I don't know if that is true, just a guess.

Posted

We are trying to find

[MATH]\frac{\tan(\frac{\pi}{4} + a) - \tan(\frac{\pi}{4} - a)}{\tan(\frac{\pi}{4} + a) + \tan(\frac{\pi}{4} - a)}[/MATH]

which equals

[MATH]\frac{\frac{\sin {x}}{\cos {x}} - \frac{\sin {y}}{\cos {y}}}{\frac{\sin {x}}{\cos {x}} + \frac{\sin {y}}{\cos {y}}}[/MATH],

where [MATH]x = \frac{\pi}{4} + a[/MATH] and [MATH]y = \frac{\pi}{4} - a[/MATH].

Here is what follows:

[MATH]\frac{\frac{\sin {x}}{\cos {x}} - \frac{\sin {y}}{\cos {y}}}{\frac{\sin {x}}{\cos {x}} + \frac{\sin {y}}{\cos {y}}}[/MATH][MATH]= \frac{\sin {x}\cos{y} - \sin {y}\cos {x}}{\sin{x}\cos{y} + \sin {y}\cos {x}}[/MATH][MATH]=\frac{\sin (x - y)}{\sin (x + y)} = \sin {2a}[/MATH].

Posted

Very good and if your teacher's are stingy and don't want you to leave it in double angles or if you solve it in three pages of work like i did then it is 2sin(a)cos(a)

 

by the way where did you learn to do it like that

it took me three pages doing addittion/subtraction formulas

Posted

You possibly used the addition- and subtraction-formulas for tan(x + y) and tan(x - y), and you have possibly learned those formulas at some instance.

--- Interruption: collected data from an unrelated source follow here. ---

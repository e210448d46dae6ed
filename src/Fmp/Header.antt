-- ===== src/Fmp/Header.antt =====
-- The header views of crates/fips-fmp/src/lib.rs that a node takes of a received frame.
use microfips.Base.{ℕ, ◌+◌, List, length, ltb, ◌!=◌, if◌then◌else◌}
use microfips.Base.{
  ◌≡◌, arith, take, drop, length-take, length-drop, ◌<◌, ◌≤◌, ◌^◌, ltb→le, Bool-cases, inl, inr,
}
use microfips.Bytes.{IsBytes, from_le, from_le-lt, take-IsBytes, drop-IsBytes}
use microfips.Exec.Laws.{read_le_lem, slice_lem}
use microfips.Exec.Post.{Gives, Gives-if, Gives-bind, IsNotPanic-Gives}
use microfips.Exec.{Exec, ok, err, Absent, absent, read_le, slice, ◌>>=◌}
use microfips.Fmp.{Wire, ik, xx, parse_prefix, phase_established, established_header_size}
use microfips.Fmp.Total.{parse_prefix-IsNotPanic}
use microfips.Fmp.{common_prefix_size, idx_size}

-- `HANDSHAKE_MSG1_SIZE` and its kin: of the crate fips-proto-defs for the Noise IK and XK wire, of
-- crates/fips-noise/src/lib.rs for Noise XX.
abbrev pub handshake_msg1_size : Wire → ℕ
handshake_msg1_size ik = 106
handshake_msg1_size xx = 33

abbrev pub handshake_msg2_size : Wire → ℕ
handshake_msg2_size ik = 57
handshake_msg2_size xx = 106

abbrev pub handshake_msg3_size : Wire → ℕ
handshake_msg3_size ik = 73
handshake_msg3_size xx = 73

abbrev pub msg1_wire_size : Wire → ℕ
msg1_wire_size wire = common_prefix_size + idx_size + handshake_msg1_size wire

abbrev pub msg2_wire_size : Wire → ℕ
msg2_wire_size wire = common_prefix_size + idx_size + idx_size + handshake_msg2_size wire

abbrev pub msg3_wire_size : Wire → ℕ
msg3_wire_size wire = common_prefix_size + idx_size + idx_size + handshake_msg3_size wire

pub record EncryptedHeader : Type 0 where
  pub receiver_idx : ℕ
  pub counter : ℕ
  pub header_bytes : List ℕ

-- The fields of a header whose length and phase were checked.
unfoldable pub read_established_fields : List ℕ → Exec Absent EncryptedHeader
read_established_fields buf = do
  receiver_idx ← read_le buf 4 8
  counter ← read_le buf 8 16
  header_bytes ← slice buf 0 established_header_size
  ok (record { receiver_idx = receiver_idx; counter = counter; header_bytes = header_bytes })

-- `EncryptedHeader::parse`
unfoldable pub parse_encrypted_header : Wire → List ℕ → Exec Absent EncryptedHeader
parse_encrypted_header wire buf =
    if ltb (length buf) established_header_size then err absent else (do
      (phase, flags, payload_len) ← parse_prefix wire buf
      if phase != phase_established then err absent else read_established_fields buf)

-- A header taken of a frame that holds it whole, with a `u64` for a counter.
abbrev pub IsHeaderOf : List ℕ → EncryptedHeader → Type 0
IsHeaderOf buf enc = (16 ≤ length buf) × (enc.counter < 2 ^ 64)

read_established_fields-IsHeaderOf :
    (buf : List ℕ)
    → IsBytes buf
    → 16 ≤ length buf
    → Gives (IsHeaderOf buf) (read_established_fields buf)
unfolding read_established_fields
read_established_fields-IsHeaderOf buf h fits =
    let field = take 8 (drop 8 buf) in
    let size : length field ≡ 8 = omega (arith, length-take 8 (drop 8 buf), length-drop 8 buf) in
    let below : from_le field < 256 ^ 8 =
      rw size at (from_le-lt field (take-IsBytes 8 (drop 8 buf) (drop-IsBytes 8 buf h))) in
    rw
      (
        read_le_lem buf 4 8 (omega arith) (omega arith),
        read_le_lem buf 8 16 (omega arith) (omega arith),
        slice_lem buf 0 16 (omega arith) (omega arith),
      )
      (fits, below)

-- No frame makes the header view read out of range; where it gives a header, the frame holds 16
-- bytes, and a counter that it reads from bytes is a `u64`.
pub parse_encrypted_header-IsHeaderOf :
    (wire : Wire) (buf : List ℕ)
    → IsBytes buf
    → Gives (IsHeaderOf buf) (parse_encrypted_header wire buf)
unfolding parse_encrypted_header
parse_encrypted_header-IsHeaderOf wire buf h = elim (Bool-cases (ltb (length buf) 16)) [
  | inl short ↦ rw short tt
  | inr long ↦ rw long (
      Gives-bind (λ p. Unit {0}) (IsHeaderOf buf) (parse_prefix wire buf) _
        (IsNotPanic-Gives (parse_prefix wire buf) (parse_prefix-IsNotPanic wire buf))
        (λ p _.
          Gives-if (IsHeaderOf buf) (p.0 != phase_established) _ _ (λ other. tt)
            (λ same. read_established_fields-IsHeaderOf buf h (ltb→le (length buf) 16 long))))
]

This would not be all that bad, but when it comes to those formulas, it is more than enough to learn the formulas for sinus and cosinus. To find the formulas for the tangent, just substitute tan x = sin x/cos x, and multiply with cos x cos y/cos x cos y, that is, 1.

 

So, what I did was just to use the same method as I do when I prove those addition- and subtraction- formulas. Together with the philosophy of first trying to find sweet solution, this is dynamite.

 

 

And for the sake of it, competing in several contests and math olympiads, I have been lucky to sharpen my skills of problem solving. The ability to find short solutions is the strongest weapon in such environments.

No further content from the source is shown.